Economy

Flour price rally looms in cut maize imports

grain

Drying the grain: Kenya’s annual maize deficit stands at 20 million bags. PHOTO | FILE

Maize imports from Tanzania and Uganda dropped by more than half in the three months to March, setting the stage for a rallying in flour prices.

A report by Eastern African Grain Council says that imports from Tanzania dropped 50 per cent compared to grains that were shipped in between October and December.

Imports from Uganda dropped 57 per cent, increasing maize shortage that has raised the cost of a 90kg bag to Sh2,500, up from Sh2, 000 in January.

“Below average January to February harvests in Tanzania resulted in tightened supplies and reduced exports to Kenya,” says the report.

Kenya is a maize-deficit country and it relies on imports from the two East African states to bridge the shortage of 20 million bags that it faces annually. It relies on maize stocks from Tanzania and Uganda to bridge the gap.

Millers say that the situation will worsen until the onset of harvesting in August, signalling higher flour prices.

The price of two-kilogramme packet of maize flour has increased by an average of Sh5 over the past two months on high maize costs. Flour prices have been falling since last September.
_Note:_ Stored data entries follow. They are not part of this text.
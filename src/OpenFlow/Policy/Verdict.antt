-- ===== src/OpenFlow/Policy/Verdict.antt =====
-- The flows of a policy decide on a packet as the policy's rules say.
use k_vswitch.Prelude.{
  ◌≡◌, refl, ◌∙◌, String, Bool, false, ◌&&◌, ◌||◌, Option, none, some, List, [], ◌∷◌, ◌++◌, any,
  is_empty, arith, if◌then◌else◌,
}
use k_vswitch.Flows.{Flow}
use k_vswitch.Flows.Buffer.Emits.{flat_map}
use k_vswitch.OpenFlow.Kube.{Labels, PolicyPort, IpBlock, Peer, PolicyRule, NetworkPolicy}
use k_vswitch.OpenFlow.Policy.{
  Lookup, Direction, with_pod, default_drop, allow_block, drop_block, peer_namespaces, peer_ips,
}
use k_vswitch.OpenFlow.Policy.Flows.{
  ports_list, all_peers_list, block_list, pair_list, namespace_list, namespaces_list, peer_list_of,
  peer_list, rule_list, direction_list,
}
use k_vswitch.OpenFlow.Policy.Permits.{
  pod_end, peer_end, ports_allow, at_pod, selected_peer, peer_allows_by, peer_allows,
  peer_excepts_by, peer_excepts, rule_allows, rule_excepts,
}
use k_vswitch.OpenFlow.Policy.Sorts.{
  any-false, any-and, and-any, Sorts, Sorts-nil, Sorts-append, Sorts-flat_map, Sorts-eq,
}
use k_vswitch.OpenFlow.Policy.Matching.{
  Sorts-drop, Sorts-drop_block, Narrows-pod, Narrows-pair, ports-Sorts,
}
use k_vswitch.OpenFlow.Switch.{Packet, selects}

module _ {A : Type 0} (covers : String → A → Bool) (p : Packet A) (env : Lookup) (d : Direction)
    (ips : List String) where
  abbrev here : Bool
  here = at_pod env covers d ips p

  abbrev from_peer : String → Bool
  from_peer block = selects covers block (peer_end d p)

  abbrev to_pod : String → Bool
  to_pod ip = selects covers ip (pod_end d p)

  -- Flows that match only packets of the pods, and isolate nothing: `a` and `e` say whether a rule
  -- allows, and whether an exception forbids, what a pod sends or gets.
  abbrev AtPod : List Flow → Bool → Bool → Type 0
  AtPod fs a e = Sorts covers p fs false (here && a) (here && e)

  AtPod-eq : {fs : List Flow} (a e b x : Bool) → AtPod fs a e → a ≡ b → e ≡ x → AtPod fs b x
  AtPod-eq a e b x h q r = Sorts-eq covers p h refl (rw q) (rw r)

  AtPod-nil : AtPod [] false false
  AtPod-nil = Sorts-eq covers p (Sorts-nil covers p) refl (ground arith) (ground arith)

  AtPod-append :
      {fs gs : List Flow} (a e b x : Bool)
      → AtPod fs a e
      → AtPod gs b x
      → AtPod (fs ++ gs) (a || b) (e || x)
  AtPod-append a e b x h k =
      Sorts-eq covers p (Sorts-append covers p h k) refl (ground arith) (ground arith)

  AtPod-flat_map {ℓ} :
      {X : Type ℓ} (f : X → List Flow) (a e : X → Bool) (xs : List X)
      → ((x : X) → AtPod (f x) (a x) (e x))
      → AtPod (flat_map f xs) (any a xs) (any e xs)
  AtPod-flat_map f a e xs each =
      Sorts-eq covers p
        (Sorts-flat_map covers p f (λ x. false) (λ x. here && a x) (λ x. here && e x) xs each)
        (any-false xs) (and-any here a xs) (and-any here e xs)

  -- what is emitted for each pod
  for_pods-AtPod :
      (f : String → List Flow) (a e : Bool)
      → ((ip : String) → Sorts covers p (f ip) false (to_pod ip && a) (to_pod ip && e))
      → AtPod (flat_map f ips) a e
  for_pods-AtPod f a e each =
      Sorts-eq covers p
        (Sorts-flat_map covers p f (λ ip. false) (λ ip. to_pod ip && a) (λ ip. to_pod ip && e) ips
          each)
        (any-false ips) (any-and to_pod a ips) (any-and to_pod e ips)

  false-and : (b : Bool) → false ≡ (b && false)
  false-and b = ground arith

  and_swap : (a b : Bool) → (a && b) ≡ (b && a)
  and_swap a b = ground arith

  regroup : (a b c : Bool) → (a && b && c) ≡ (b && c && a)
  regroup a b c = ground arith

  and_assoc : (a b c : Bool) → (a && b && c) ≡ (a && (b && c))
  and_assoc a b c = ground arith

  drops-Sorts : Sorts covers p (flat_map (λ ip. default_drop d ip ∷ []) ips) here false false
  drops-Sorts =
      Sorts-eq covers p
        (Sorts-flat_map covers p (λ ip. default_drop d ip ∷ []) to_pod (λ ip. false) (λ ip. false)
          ips (Sorts-drop covers p d))
        refl (any-false ips) (any-false ips)

  all_peers-AtPod :
      (rule : PolicyRule)
      → AtPod (all_peers_list env d ips rule) (ports_allow env rule.ports p.transport) false
  all_peers-AtPod rule =
      for_pods-AtPod (λ ip. ports_list env rule.ports (with_pod d ip))
        (ports_allow env rule.ports p.transport) false
        (λ ip.
          Sorts-eq covers p (ports-Sorts covers p env (Narrows-pod covers p d ip) rule.ports) refl
            refl (false-and (to_pod ip)))

  block_drops-AtPod :
      (cidr : String)
      → AtPod (flat_map (λ ip. drop_block d cidr ip ∷ []) ips) false (from_peer cidr)
  block_drops-AtPod cidr =
      for_pods-AtPod (λ ip. drop_block d cidr ip ∷ []) false (from_peer cidr)
        (λ ip.
          Sorts-eq covers p (Sorts-drop_block covers p d cidr ip) refl (false-and (to_pod ip)) refl)

  block-AtPod :
      (block : IpBlock)
      → AtPod (block_list env d ips block) (from_peer block.cidr) (any from_peer block.except)
  block-AtPod block =
      AtPod-eq _ _ _ _
        (AtPod-append _ _ _ _
          (for_pods-AtPod (λ ip. allow_block d block.cidr ip ∷ []) (from_peer block.cidr) false
            (λ ip.
              Sorts-eq covers p (Narrows-pair covers p d block.cidr ip).any_ip refl
                (and_swap (from_peer block.cidr) (to_pod ip)) (false-and (to_pod ip))))
          (AtPod-flat_map (λ cidr. flat_map (λ ip. drop_block d cidr ip ∷ []) ips) (λ cidr. false)
            from_peer block.except block_drops-AtPod))
        (rw any-false (ground arith)) refl

  -- the flows for one peer address
  pairs-AtPod :
      (ports : List PolicyPort) (peers : List String)
      → AtPod
          (flat_map (λ ip. flat_map (pair_list env d ports ip) peers) ips)
          (ports_allow env ports p.transport && any from_peer peers)
          false
  pairs-AtPod ports peers =
      for_pods-AtPod (λ ip. flat_map (pair_list env d ports ip) peers)
        (ports_allow env ports p.transport && any from_peer peers) false
        (λ ip.
          Sorts-eq covers p
            (Sorts-flat_map covers p (pair_list env d ports ip) (λ peer. false)
              (λ peer. to_pod ip && ports_allow env ports p.transport && from_peer peer)
              (λ peer. false) peers
              (λ peer.
                Sorts-eq covers p (ports-Sorts covers p env (Narrows-pair covers p d peer ip) ports)
                  refl (regroup (from_peer peer) (to_pod ip) (ports_allow env ports p.transport))
                  refl))
            (any-false peers)
            (and-any (to_pod ip && ports_allow env ports p.transport) from_peer peers
              ∙ and_assoc (to_pod ip) (ports_allow env ports p.transport) (any from_peer peers))
            (any-false peers ∙ false-and (to_pod ip)))

  namespaces-AtPod :
      (ports : List PolicyPort) (match_labels : Labels) (found : Option (List String))
      → AtPod
          (namespaces_list env d ips ports match_labels found)
          (ports_allow env ports p.transport && selected_peer env covers d match_labels found p)
          false
  namespaces-AtPod ports match_labels none = AtPod-eq _ _ _ _ AtPod-nil (ground arith) refl
  namespaces-AtPod ports match_labels (some namespaces) =
      AtPod-eq _ _ _ _
        (AtPod-flat_map (namespace_list env d ips ports match_labels)
          (λ namespace.
            ports_allow env ports p.transport
            && any from_peer (peer_ips env match_labels namespace))
          (λ namespace. false) namespaces
          (λ namespace. pairs-AtPod ports (peer_ips env match_labels namespace)))
        (and-any (ports_allow env ports p.transport)
          (λ namespace. any from_peer (peer_ips env match_labels namespace)) namespaces)
        (any-false namespaces)

  peer-AtPod :
      (np : NetworkPolicy) (ports : List PolicyPort) (peer : Peer) (block : Option IpBlock)
      (labels : Option Labels)
      → AtPod
          (peer_list_of env d np ips ports peer block labels)
          (peer_allows_by env covers d np ports peer block labels p)
          (peer_excepts_by env covers d block p)
  peer-AtPod np ports peer (some block) labels = block-AtPod block
  peer-AtPod np ports peer none none = AtPod-nil
  peer-AtPod np ports peer none (some match_labels) =
      namespaces-AtPod ports match_labels (peer_namespaces env np peer)

  rule-AtPod :
      (np : NetworkPolicy) (rule : PolicyRule)
      → AtPod
          (rule_list env d np ips rule)
          (rule_allows env covers d np rule p)
          (rule_excepts env covers d rule p)
  rule-AtPod np rule = by_peers rule.peers
    where
      by_peers :
          (peers : List Peer)
          → AtPod
              (if is_empty peers
                then all_peers_list env d ips rule
                else flat_map (peer_list env d np ips rule.ports) peers)
              (if is_empty peers
                then ports_allow env rule.ports p.transport
                else any (λ peer. peer_allows env covers d np rule.ports peer p) peers)
              (any (λ peer. peer_excepts env covers d peer p) peers)
      by_peers [] = all_peers-AtPod rule
      by_peers (x ∷ xs) =
          AtPod-flat_map (peer_list env d np ips rule.ports)
            (λ peer. peer_allows env covers d np rule.ports peer p)
            (λ peer. peer_excepts env covers d peer p) (x ∷ xs)
            (λ peer. peer-AtPod np rule.ports peer peer.ip_block peer.pod_selector)

  -- The flows of one direction of a policy: they isolate its pods, allow what a rule allows, and
  -- forbid what an exception of a rule names.
  pub direction-Sorts :
      (rules : List PolicyRule) (np : NetworkPolicy)
      → Sorts covers p
          (direction_list env d rules np ips)
          here
          (here && any (λ rule. rule_allows env covers d np rule p) rules)
          (here && any (λ rule. rule_excepts env covers d rule p) rules)
  direction-Sorts rules np =
      Sorts-eq covers p
        (Sorts-append covers p drops-Sorts (
          AtPod-flat_map (rule_list env d np ips) (λ rule. rule_allows env covers d np rule p)
            (λ rule. rule_excepts env covers d rule p) rules (rule-AtPod np)))
        (ground arith) refl refl
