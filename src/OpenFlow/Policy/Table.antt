-- ===== src/OpenFlow/Policy/Table.antt =====
-- The whole of table 10: the default flow and the flows of every policy.
use mathlib.Core.Bool.{not, and-eq-true_iff}
use mathlib.Core.List.{Memᴰ}
use mathlib.Core.Path.{subst}
use k_vswitch.Prelude.{
  ℕ, ℤ, pos, ◌≡◌, refl, sym, ap, ◌∙◌, String, Bool, true, false, ◌&&◌, ◌||◌, List, [], ◌∷◌, ◌++◌,
  any, All, arith, inl, inr, ==_iff, Bool-cases, negsuc, ◌<◌,
}
use k_vswitch.Flows.{Flow, new_flow, ◌▸◌, with_table, with_priority, with_action_resubmit}
use k_vswitch.Flows.Buffer.Emits.{flat_map}
use k_vswitch.OpenFlow.Config.{table_network_policies, table_classification}
use k_vswitch.OpenFlow.Kube.{NetworkPolicy}
use k_vswitch.OpenFlow.Policy.{Lookup, ingress, egress}
use k_vswitch.OpenFlow.Policy.Flows.{direction_list}
use k_vswitch.OpenFlow.Policy.Permits.{at_pod, rule_allows, rule_excepts}
use k_vswitch.OpenFlow.Policy.Sorts.{
  IsPolicyFlow, isolating, allowing, excepting, hit, Sorts, Sorts-append, Sorts-flat_map,
}
use k_vswitch.OpenFlow.Policy.Verdict.{direction-Sorts}
use k_vswitch.OpenFlow.Switch.{Packet, int_eq, matches, Decides}

-- a policy, and the addresses of the pods of this node that it selects
abbrev pub Applied : Type 0
Applied = NetworkPolicy × List String

-- the flow of `defaultFlows` for the table
abbrev pub default_pass : Flow
default_pass =
    new_flow
    ▸ with_table table_network_policies
    ▸ with_priority (pos 0)
    ▸ with_action_resubmit table_classification

module _ (env : Lookup) where
  abbrev pub policy_list : Applied → List Flow
  policy_list (np, ips) =
      direction_list env ingress np.ingress np ips ++ direction_list env egress np.egress np ips

  abbrev pub policy_table : List Applied → List Flow
  policy_table applied = default_pass ∷ flat_map policy_list applied

  module _ {A : Type 0} (covers : String → A → Bool) where
    -- the packet is sent to, or comes from, a pod that some policy selects
    abbrev pub isolated_by : Packet A → Applied → Bool
    isolated_by p (np, ips) = at_pod env covers ingress ips p || at_pod env covers egress ips p

    abbrev pub allowed_by : Packet A → Applied → Bool
    allowed_by p (np, ips) =
        at_pod env covers ingress ips p
          && any (λ rule. rule_allows env covers ingress np rule p) np.ingress
        || at_pod env covers egress ips p
          && any (λ rule. rule_allows env covers egress np rule p) np.egress

    abbrev pub excepted_by : Packet A → Applied → Bool
    excepted_by p (np, ips) =
        at_pod env covers ingress ips p
          && any (λ rule. rule_excepts env covers ingress rule p) np.ingress
        || at_pod env covers egress ips p
          && any (λ rule. rule_excepts env covers egress rule p) np.egress

    -- An exception of any policy forbids; else a rule of any policy allows; else a packet of a
    -- selected pod is forbidden.
    abbrev pub forbidden : Packet A → List Applied → Bool
    forbidden p applied =
        any (excepted_by p) applied
        || (any (isolated_by p) applied && not (any (allowed_by p) applied))

or_left : (a b : Bool) → a ≡ true → (a || b) ≡ true
or_left a b h = ground arith

or_right : (a b : Bool) → b ≡ true → (a || b) ≡ true
or_right a b h = ground arith

module _ (drop i a e : Bool) where
  isolating_verdict : drop ≡ true → i ≡ true → a ≡ false → e ≡ false → drop ≡ (e || (i && not a))
  isolating_verdict d h k l = ground arith

  allowing_verdict : drop ≡ false → a ≡ true → e ≡ false → drop ≡ (e || (i && not a))
  allowing_verdict d h k = ground arith

  excepting_verdict : drop ≡ true → e ≡ true → drop ≡ (e || (i && not a))
  excepting_verdict d h = ground arith

  default_verdict : drop ≡ false → i ≡ false → e ≡ false → drop ≡ (e || (i && not a))
  default_verdict d h k = ground arith

int_eq-pos : (z : ℤ) (k : ℕ) → int_eq z (pos k) ≡ true → z ≡ pos k
int_eq-pos (pos n) k h = ap pos ((==_iff n k).0 h)
int_eq-pos (negsuc n) k h = cc

int_eq_self : (k : ℕ) → int_eq (pos k) (pos k) ≡ true
int_eq_self k = ground arith

module _ {A : Type 0} (covers : String → A → Bool) (p : Packet A) where
  abbrev hits : ℕ → Flow → Bool
  hits k f = int_eq f.priority (pos k) && matches covers f p

  -- a match at a priority comes from a flow of the list, and the other way round
  hit-Mem :
      (k : ℕ) (fs : List Flow)
      → hit covers p k fs ≡ true
      → (g : Flow) × Memᴰ g fs × (g.priority ≡ pos k) × (matches covers g p ≡ true)
  hit-Mem k [] h = cc
  hit-Mem k (f ∷ fs) h = elim (Bool-cases (hits k f)) [
    | inl e ↦
        let (at, m) = (and-eq-true_iff _ _).0 e in
        (f, Memᴰ.head refl, int_eq-pos f.priority k at, m)
    | inr e ↦ let (g, t, at, m) = hit-Mem k fs (rw e at h) in (g, Memᴰ.tail t, at, m)
  ]

  hits_of : (k : ℕ) (f : Flow) → f.priority ≡ pos k → matches covers f p ≡ true → hits k f ≡ true
  hits_of k f q m = (and-eq-true_iff _ _).1 (ap (λ z. int_eq z (pos k)) q ∙ int_eq_self k, m)

  Mem-hit :
      (k : ℕ) (f : Flow) (fs : List Flow)
      → Memᴰ f fs
      → f.priority ≡ pos k
      → matches covers f p ≡ true
      → hit covers p k fs ≡ true
  Mem-hit k f [] t q m = elim t [ ]
  Mem-hit k f (g ∷ fs) (Memᴰ.head e) q m =
      subst (λ h. hit covers p k (h ∷ fs) ≡ true) e
        (or_left (hits k f) (hit covers p k fs) (hits_of k f q m))
  Mem-hit k f (g ∷ fs) (Memᴰ.tail t) q m =
      or_right (hits k g) (hit covers p k fs) (Mem-hit k f fs t q m)

  kind_of : (f : Flow) (fs : List Flow) → Memᴰ f fs → All IsPolicyFlow fs → IsPolicyFlow f
  kind_of f [] t h = elim t [ ]
  kind_of f (g ∷ fs) (Memᴰ.head e) h = rw e h.0
  kind_of f (g ∷ fs) (Memᴰ.tail t) h = kind_of f fs t h.1

  module _ {fs : List Flow} {i a e : Bool} (sorts : Sorts covers p fs i a e) {f : Flow}
      (decides : Decides covers (default_pass ∷ fs) p f) where
    -- no flow of a higher priority matches
    none_above : (n k : ℕ) → f.priority ≡ pos n → n < k → hit covers p k fs ≡ false
    none_above n k at lt = elim (Bool-cases (hit covers p k fs)) [
      | inr off ↦ off
      | inl on ↦
          let (g, t, gk, m) = hit-Mem k fs on in
          absurd (omega (arith, decides.highest g (Memᴰ.tail t) m k n gk at))
    ]

    -- Each kind of flow that decides says what the three answers are.
    by_kind : Memᴰ f fs → IsPolicyFlow f → f.drop ≡ (e || (i && not a))
    by_kind t (isolating tab at d r) =
        isolating_verdict f.drop i a e d (sym sorts.drops ∙ Mem-hit 100 f fs t at decides.matching)
          (sym sorts.allows ∙ none_above 100 1000 at (omega arith))
          (sym sorts.excepts ∙ none_above 100 1100 at (omega arith))
    by_kind t (allowing tab at d r) =
        allowing_verdict f.drop i a e d (sym sorts.allows ∙ Mem-hit 1000 f fs t at decides.matching)
          (sym sorts.excepts ∙ none_above 1000 1100 at (omega arith))
    by_kind t (excepting tab at d r) =
        excepting_verdict f.drop i a e d
          (sym sorts.excepts ∙ Mem-hit 1100 f fs t at decides.matching)

    by_default : f ≡ default_pass → f.drop ≡ (e || (i && not a))
    by_default q =
        let at : f.priority ≡ pos 0 = ap (λ (g : Flow). g.priority) q in
        default_verdict f.drop i a e (ap (λ (g : Flow). g.drop) q)
          (sym sorts.drops ∙ none_above 0 100 at (omega arith))
          (sym sorts.excepts ∙ none_above 0 1100 at (omega arith))

    -- The flow that decides drops exactly if an exception matches, or if the packet is isolated
    -- and no rule matches.
    decided : f.drop ≡ (e || (i && not a))
    decided = decided_at decides.listed
      where
        decided_at : Memᴰ f (default_pass ∷ fs) → f.drop ≡ (e || (i && not a))
        decided_at (Memᴰ.head q) = by_default q
        decided_at (Memᴰ.tail t) = by_kind t (kind_of f fs t sorts.kinds)

module _ (env : Lookup) {A : Type 0} (covers : String → A → Bool) (p : Packet A) where
  pub applied-Sorts :
      (x : Applied)
      → Sorts covers p
          (policy_list env x)
          (isolated_by env covers p x)
          (allowed_by env covers p x)
          (excepted_by env covers p x)
  applied-Sorts (np, ips) =
      Sorts-append covers p (direction-Sorts covers p env ingress ips np.ingress np)
        (direction-Sorts covers p env egress ips np.egress np)

  -- Whatever flow of table 10 the switch takes for a packet, it drops the packet exactly if the
  -- policies forbid it.
  pub policy_verdict :
      (applied : List Applied) (f : Flow)
      → Decides covers (policy_table env applied) p f
      → f.drop ≡ forbidden env covers p applied
  policy_verdict applied f decides =
      decided covers p
        (Sorts-flat_map covers p (policy_list env) (isolated_by env covers p)
          (allowed_by env covers p) (excepted_by env covers p) applied applied-Sorts)
        decides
READ: Maize flour prices to continue going up until August

Maize prices have a big effect on inflation in Kenya’s economy where it is the staple food and accounts for a significant share of poor households’ budget.

Inflation stood at 5.45 per cent last month, down from 6.78 per cent in February and has been falling since the start of the year.

Millers have mopped up stocks in the market and it is not clear whether farmers are hoarding the grain in anticipation of higher prices as has been the norm.

A food security report released by the ministry early this year indicated that Kenya would have 16 million bags of maize by the end of December and was anticipated to last beyond March.

The report indicated that as at the end of December the country had 14,383,548 bags with farmers holding about 7,850,200 bags, traders 2,774,948 bags, millers 6,590,200 bags and the National Cereals and Produce Board 3,795,000.

Food takes up the largest share (36 per cent) of the basket of goods that is used to calculate inflation, followed by utilities.

Kenyans are likely to get a reprieve in coming months as Tanzania prepares to harvest its maize crop.

The Competition Authority of Kenya (CAK) is investigating allegations of price fixing by maize traders and millers.